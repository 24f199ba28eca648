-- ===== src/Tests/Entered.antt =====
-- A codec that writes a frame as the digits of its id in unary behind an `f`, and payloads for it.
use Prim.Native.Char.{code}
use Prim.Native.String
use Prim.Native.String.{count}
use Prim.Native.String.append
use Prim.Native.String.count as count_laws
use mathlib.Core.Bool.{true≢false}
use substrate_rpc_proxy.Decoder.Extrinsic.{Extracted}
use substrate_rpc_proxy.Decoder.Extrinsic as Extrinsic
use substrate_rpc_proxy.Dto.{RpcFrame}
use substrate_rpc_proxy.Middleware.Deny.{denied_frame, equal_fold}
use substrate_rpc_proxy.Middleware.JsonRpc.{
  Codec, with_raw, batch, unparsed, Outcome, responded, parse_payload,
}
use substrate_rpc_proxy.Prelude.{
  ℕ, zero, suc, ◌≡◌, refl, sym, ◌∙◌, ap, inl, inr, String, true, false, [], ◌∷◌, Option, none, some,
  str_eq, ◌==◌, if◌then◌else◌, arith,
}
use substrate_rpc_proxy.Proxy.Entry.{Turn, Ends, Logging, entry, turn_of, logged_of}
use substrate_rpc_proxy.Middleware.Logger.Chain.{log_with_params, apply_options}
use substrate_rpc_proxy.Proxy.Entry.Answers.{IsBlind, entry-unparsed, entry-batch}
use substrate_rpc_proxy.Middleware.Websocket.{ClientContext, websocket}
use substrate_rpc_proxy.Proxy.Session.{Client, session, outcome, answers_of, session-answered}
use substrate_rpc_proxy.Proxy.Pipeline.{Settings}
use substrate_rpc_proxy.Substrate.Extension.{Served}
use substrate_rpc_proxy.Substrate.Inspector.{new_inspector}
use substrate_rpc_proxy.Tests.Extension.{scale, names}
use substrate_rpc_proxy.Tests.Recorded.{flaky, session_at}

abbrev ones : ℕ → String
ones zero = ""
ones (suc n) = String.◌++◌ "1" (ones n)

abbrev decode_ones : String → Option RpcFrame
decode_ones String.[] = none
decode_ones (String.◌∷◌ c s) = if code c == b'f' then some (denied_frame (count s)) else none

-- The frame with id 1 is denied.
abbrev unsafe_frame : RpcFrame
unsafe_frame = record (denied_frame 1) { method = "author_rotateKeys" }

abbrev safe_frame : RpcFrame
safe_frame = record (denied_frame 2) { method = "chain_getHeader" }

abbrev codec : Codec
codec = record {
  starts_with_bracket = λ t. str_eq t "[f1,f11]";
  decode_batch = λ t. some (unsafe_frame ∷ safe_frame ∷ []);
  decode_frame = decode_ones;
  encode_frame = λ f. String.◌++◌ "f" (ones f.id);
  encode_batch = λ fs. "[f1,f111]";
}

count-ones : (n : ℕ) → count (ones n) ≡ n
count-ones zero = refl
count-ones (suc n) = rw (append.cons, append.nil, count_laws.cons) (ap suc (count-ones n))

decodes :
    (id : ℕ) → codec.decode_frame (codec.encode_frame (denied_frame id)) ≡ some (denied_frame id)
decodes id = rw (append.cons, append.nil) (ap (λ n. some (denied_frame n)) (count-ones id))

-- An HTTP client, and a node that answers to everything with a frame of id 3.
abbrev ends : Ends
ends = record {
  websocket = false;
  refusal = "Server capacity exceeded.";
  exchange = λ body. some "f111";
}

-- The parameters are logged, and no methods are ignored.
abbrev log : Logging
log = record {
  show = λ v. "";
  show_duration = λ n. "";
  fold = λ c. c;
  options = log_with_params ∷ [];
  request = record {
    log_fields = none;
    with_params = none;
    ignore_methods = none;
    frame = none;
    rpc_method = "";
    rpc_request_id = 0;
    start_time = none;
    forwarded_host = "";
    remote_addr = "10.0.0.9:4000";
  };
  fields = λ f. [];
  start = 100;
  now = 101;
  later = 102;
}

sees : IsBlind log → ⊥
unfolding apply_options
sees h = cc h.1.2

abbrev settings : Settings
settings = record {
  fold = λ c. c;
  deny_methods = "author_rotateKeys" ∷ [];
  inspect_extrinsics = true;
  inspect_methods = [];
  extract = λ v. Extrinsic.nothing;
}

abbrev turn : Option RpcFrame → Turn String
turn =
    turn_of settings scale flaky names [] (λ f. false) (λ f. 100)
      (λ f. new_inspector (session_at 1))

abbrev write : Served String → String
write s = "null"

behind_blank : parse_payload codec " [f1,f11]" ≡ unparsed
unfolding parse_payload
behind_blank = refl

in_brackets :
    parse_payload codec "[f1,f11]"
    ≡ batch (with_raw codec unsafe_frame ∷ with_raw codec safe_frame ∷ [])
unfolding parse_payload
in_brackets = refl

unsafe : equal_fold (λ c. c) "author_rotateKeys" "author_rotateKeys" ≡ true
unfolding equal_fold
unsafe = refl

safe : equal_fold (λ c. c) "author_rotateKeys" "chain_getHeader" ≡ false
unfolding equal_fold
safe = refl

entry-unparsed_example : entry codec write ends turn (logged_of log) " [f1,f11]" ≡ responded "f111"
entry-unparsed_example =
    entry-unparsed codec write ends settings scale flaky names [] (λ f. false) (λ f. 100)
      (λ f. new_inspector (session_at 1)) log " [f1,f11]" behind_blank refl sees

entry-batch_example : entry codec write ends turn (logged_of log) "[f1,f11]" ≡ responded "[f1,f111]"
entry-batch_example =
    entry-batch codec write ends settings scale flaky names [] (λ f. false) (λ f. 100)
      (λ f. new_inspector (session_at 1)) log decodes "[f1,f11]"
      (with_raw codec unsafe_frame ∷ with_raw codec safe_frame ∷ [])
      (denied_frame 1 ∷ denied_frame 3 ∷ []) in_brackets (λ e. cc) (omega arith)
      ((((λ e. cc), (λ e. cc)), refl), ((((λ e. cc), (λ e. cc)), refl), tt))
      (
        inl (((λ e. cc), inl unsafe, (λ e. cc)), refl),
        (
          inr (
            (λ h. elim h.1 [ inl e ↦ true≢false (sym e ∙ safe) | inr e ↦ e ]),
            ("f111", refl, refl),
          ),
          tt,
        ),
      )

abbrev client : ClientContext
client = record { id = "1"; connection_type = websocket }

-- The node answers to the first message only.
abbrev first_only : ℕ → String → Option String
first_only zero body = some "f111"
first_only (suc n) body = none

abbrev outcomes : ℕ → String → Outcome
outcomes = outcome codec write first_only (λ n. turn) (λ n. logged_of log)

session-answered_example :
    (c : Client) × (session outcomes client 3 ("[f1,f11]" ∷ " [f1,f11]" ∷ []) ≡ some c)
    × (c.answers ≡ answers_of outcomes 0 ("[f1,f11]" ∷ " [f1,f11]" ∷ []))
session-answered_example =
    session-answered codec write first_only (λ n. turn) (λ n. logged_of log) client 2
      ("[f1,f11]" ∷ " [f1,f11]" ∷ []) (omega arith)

◆ ◆ ◆ ◆ ◆

* **What you should do**
From the records above, transcribe exactly the run of lines that opens with the line holding "batch (with_raw codec" and closes with the line holding "abbrev client : ClientContext", both included.

* **Solved problem**
    ≡ batch (with_raw codec unsafe_frame ∷ with_raw codec safe_frame ∷ [])
unfolding parse_payload
in_brackets = refl

unsafe : equal_fold (λ c. c) "author_rotateKeys" "author_rotateKeys" ≡ true
unfolding equal_fold
unsafe = refl

safe : equal_fold (λ c. c) "author_rotateKeys" "chain_getHeader" ≡ false
unfolding equal_fold
safe = refl

entry-unparsed_example : entry codec write ends turn (logged_of log) " [f1,f11]" ≡ responded "f111"
entry-unparsed_example =
    entry-unparsed codec write ends settings scale flaky names [] (λ f. false) (λ f. 100)
      (λ f. new_inspector (session_at 1)) log " [f1,f11]" behind_blank refl sees

entry-batch_example : entry codec write ends turn (logged_of log) "[f1,f11]" ≡ responded "[f1,f111]"
entry-batch_example =
    entry-batch codec write ends settings scale flaky names [] (λ f. false) (λ f. 100)
      (λ f. new_inspector (session_at 1)) log decodes "[f1,f11]"
      (with_raw codec unsafe_frame ∷ with_raw codec safe_frame ∷ [])
      (denied_frame 1 ∷ denied_frame 3 ∷ []) in_brackets (λ e. cc) (omega arith)
      ((((λ e. cc), (λ e. cc)), refl), ((((λ e. cc), (λ e. cc)), refl), tt))
      (
        inl (((λ e. cc), inl unsafe, (λ e. cc)), refl),
        (
          inr (
            (λ h. elim h.1 [ inl e ↦ true≢false (sym e ∙ safe) | inr e ↦ e ]),
            ("f111", refl, refl),
          ),
          tt,
        ),
      )

abbrev client : ClientContext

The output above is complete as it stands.